WHAT TO WORK ON:
Where in the data below does the word "List" appear? Copy every line that has it.

Collected data
· · · · · · ·

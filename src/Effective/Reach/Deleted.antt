-- ===== src/Effective/Reach/Deleted.antt =====
-- Deleting an archived policy changes nothing of what is gathered for any device.
use mathlib.Core.List.{flat_map}
use tak_mdm.Base.{
  ℕ, String, Bool, true, false, ◌≡◌, refl, sym, ap, ◌∙◌, none, some, List, [], In, keep, inl, inr,
  Bool-cases, Option-cases, ◌&&◌, not,
}
use tak_mdm.Base.Flat.{flat_map-same, flat_map-dropped, first_of-dropped, keep-dropped}
use tak_mdm.Base.Membership.{In-keep→}
use tak_mdm.Base.Text.{text_eq, text_eq_iff, text_eq-ne}
use tak_mdm.Breach.{is_engaged}
use tak_mdm.Deployment.{is_archived}
use tak_mdm.Effective.{
  is_id, reaches, policy_by_id, profile_by_id, breach_profile, sections, applies, applied_input,
  assignment_input, expanded, profile_input, breach_assignments, gather_assignments,
  gather_profile_assignments,
}
use tak_mdm.Effective.Affected.{IsConsistent}
use tak_mdm.Effective.Lookup.{policy_by_id-In}
use tak_mdm.Effective.Rows.{Policy, Assignment, ProfileAssignment, Device, Tables}
use tak_mdm.Effective.Writes.{drop_assignments}
use tak_mdm.Resolver.Resolve.{Registry}

module _ (t : Tables) (ok : IsConsistent t) (id : String) (p : Policy)
    (found : policy_by_id id t.policies ≡ some p) (archived : is_archived p.deployment ≡ true)
    (alone : p.profile_id ≡ none) where
  abbrev rest : List Policy
  rest = keep (λ q. not (text_eq q.id id)) t.policies

  -- the tables without the policy and its assignments
  abbrev pub deleted : Tables
  deleted = record (drop_assignments id t) { policies = rest }

  is_it : (q : Policy) → In q t.policies → text_eq q.id id ≡ true → q ≡ p
  is_it q i e =
      let (j, h) = policy_by_id-In id t.policies p found in
      ok.one_policy q p i j ((text_eq_iff q.id id).0 e ∙ sym h)

  sections_same : (profile_id : String) → sections profile_id rest ≡ sections profile_id t.policies
  unfolding sections is_id
  sections_same profile_id =
      keep-dropped (λ q. is_id profile_id q.profile_id) (λ q. text_eq q.id id) t.policies
        (λ q i e. rw (is_it q i e, alone) refl)

  nothing_made :
      (now : ℕ) (reg : Registry) (a : Assignment)
      → text_eq a.policy_id id ≡ true
      → assignment_input now reg t.policies a ≡ []
  unfolding assignment_input applied_input applies
  nothing_made now reg a e =
      let q : policy_by_id a.policy_id t.policies ≡ some p =
        ap (λ k. policy_by_id k t.policies) ((text_eq_iff a.policy_id id).0 e) ∙ found in
      rw (assignment_input, q, applied_input, applies, archived) refl

  lookup_same :
      (now : ℕ) (reg : Registry) (a : Assignment)
      → text_eq a.policy_id id ≡ false
      → assignment_input now reg rest a ≡ assignment_input now reg t.policies a
  unfolding assignment_input policy_by_id
  lookup_same now reg a e =
      ap (λ o. elim o [ none ↦ [] | some q ↦ applied_input now reg a q ])
        (first_of-dropped (λ q. text_eq q.id a.policy_id) (λ q. text_eq q.id id) t.policies
          (λ q i h.
            text_eq-ne q.id a.policy_id
              (λ s. differ e ((text_eq_iff a.policy_id id).1 (sym s ∙ (text_eq_iff q.id id).0 h)))))
    where
      differ : {x : Bool} → x ≡ false → x ≡ true → ⊥
      differ g k = cc

  profile_same :
      (now : ℕ) (reg : Registry) (pa : ProfileAssignment)
      → profile_input now reg t.profiles rest pa ≡ profile_input now reg t.profiles t.policies pa
  unfolding profile_input expanded
  profile_same now reg pa = elim (Option-cases (profile_by_id pa.profile_id t.profiles)) [
    | inl e ↦ rw (profile_input, e) refl
    | inr (q, e) ↦ rw (profile_input, e, expanded, sections_same q.id) refl
  ]

  breach_same : (reg : Registry) → breach_assignments reg deleted ≡ breach_assignments reg t
  unfolding breach_assignments drop_assignments
  breach_same reg = elim (Option-cases (breach_profile t.profiles)) [
    | inl e ↦ rw (breach_assignments, e) refl
    | inr (q, e) ↦ rw (breach_assignments, e, sections_same q.id) refl
  ]

  rows_same :
      (now : ℕ) (reg : Registry) (d : Device)
      → flat_map (assignment_input now reg rest) (
          keep
            (λ a. a.enabled && reaches d a.device_id a.group_id)
            (keep (λ a. not (text_eq a.policy_id id)) t.assignments))
        ≡ flat_map
            (assignment_input now reg t.policies)
            (keep (λ a. a.enabled && reaches d a.device_id a.group_id) t.assignments)
  rows_same now reg d =
      flat_map-same (assignment_input now reg rest) (assignment_input now reg t.policies)
        (keep (λ a. a.enabled && reaches d a.device_id a.group_id)
          (keep (λ a. not (text_eq a.policy_id id)) t.assignments))
        (λ a i.
          let (j, h) =
            In-keep→ (λ a. a.enabled && reaches d a.device_id a.group_id)
              (keep (λ a. not (text_eq a.policy_id id)) t.assignments) a i in
          let (k, g) = In-keep→ (λ a. not (text_eq a.policy_id id)) t.assignments a j in
          lookup_same now reg a (negated (text_eq a.policy_id id) g))
      ∙ flat_map-dropped (assignment_input now reg t.policies)
          (λ a. a.enabled && reaches d a.device_id a.group_id) (λ a. text_eq a.policy_id id)
          t.assignments (λ a i e. nothing_made now reg a e)
    where
      negated : (x : Bool) → not x ≡ true → x ≡ false
      negated true g = cc
      negated false g = refl

  -- What is gathered for a device is as before.
  pub deleted_gathers :
      (now : ℕ) (reg : Registry) (d : Device)
      → gather_assignments now reg deleted d ≡ gather_assignments now reg t d
  unfolding gather_assignments gather_profile_assignments drop_assignments
  deleted_gathers now reg d = elim (Bool-cases (is_engaged d.breached)) [
    | inl e ↦ rw e (breach_same reg)
    | inr e ↦
        rw
          (
            e,
            rows_same now reg d,
            flat_map-same (profile_input now reg t.profiles rest)
                (profile_input now reg t.profiles t.policies)
                (keep (λ pa. pa.enabled && reaches d pa.device_id pa.group_id)
                  t.profile_assignments)
                (λ pa i. profile_same now reg pa),
          )
          refl
  ]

· · · · · · ·

THE COMPLETED TASK:
use mathlib.Core.List.{flat_map}
  ℕ, String, Bool, true, false, ◌≡◌, refl, sym, ap, ◌∙◌, none, some, List, [], In, keep, inl, inr,
  abbrev rest : List Policy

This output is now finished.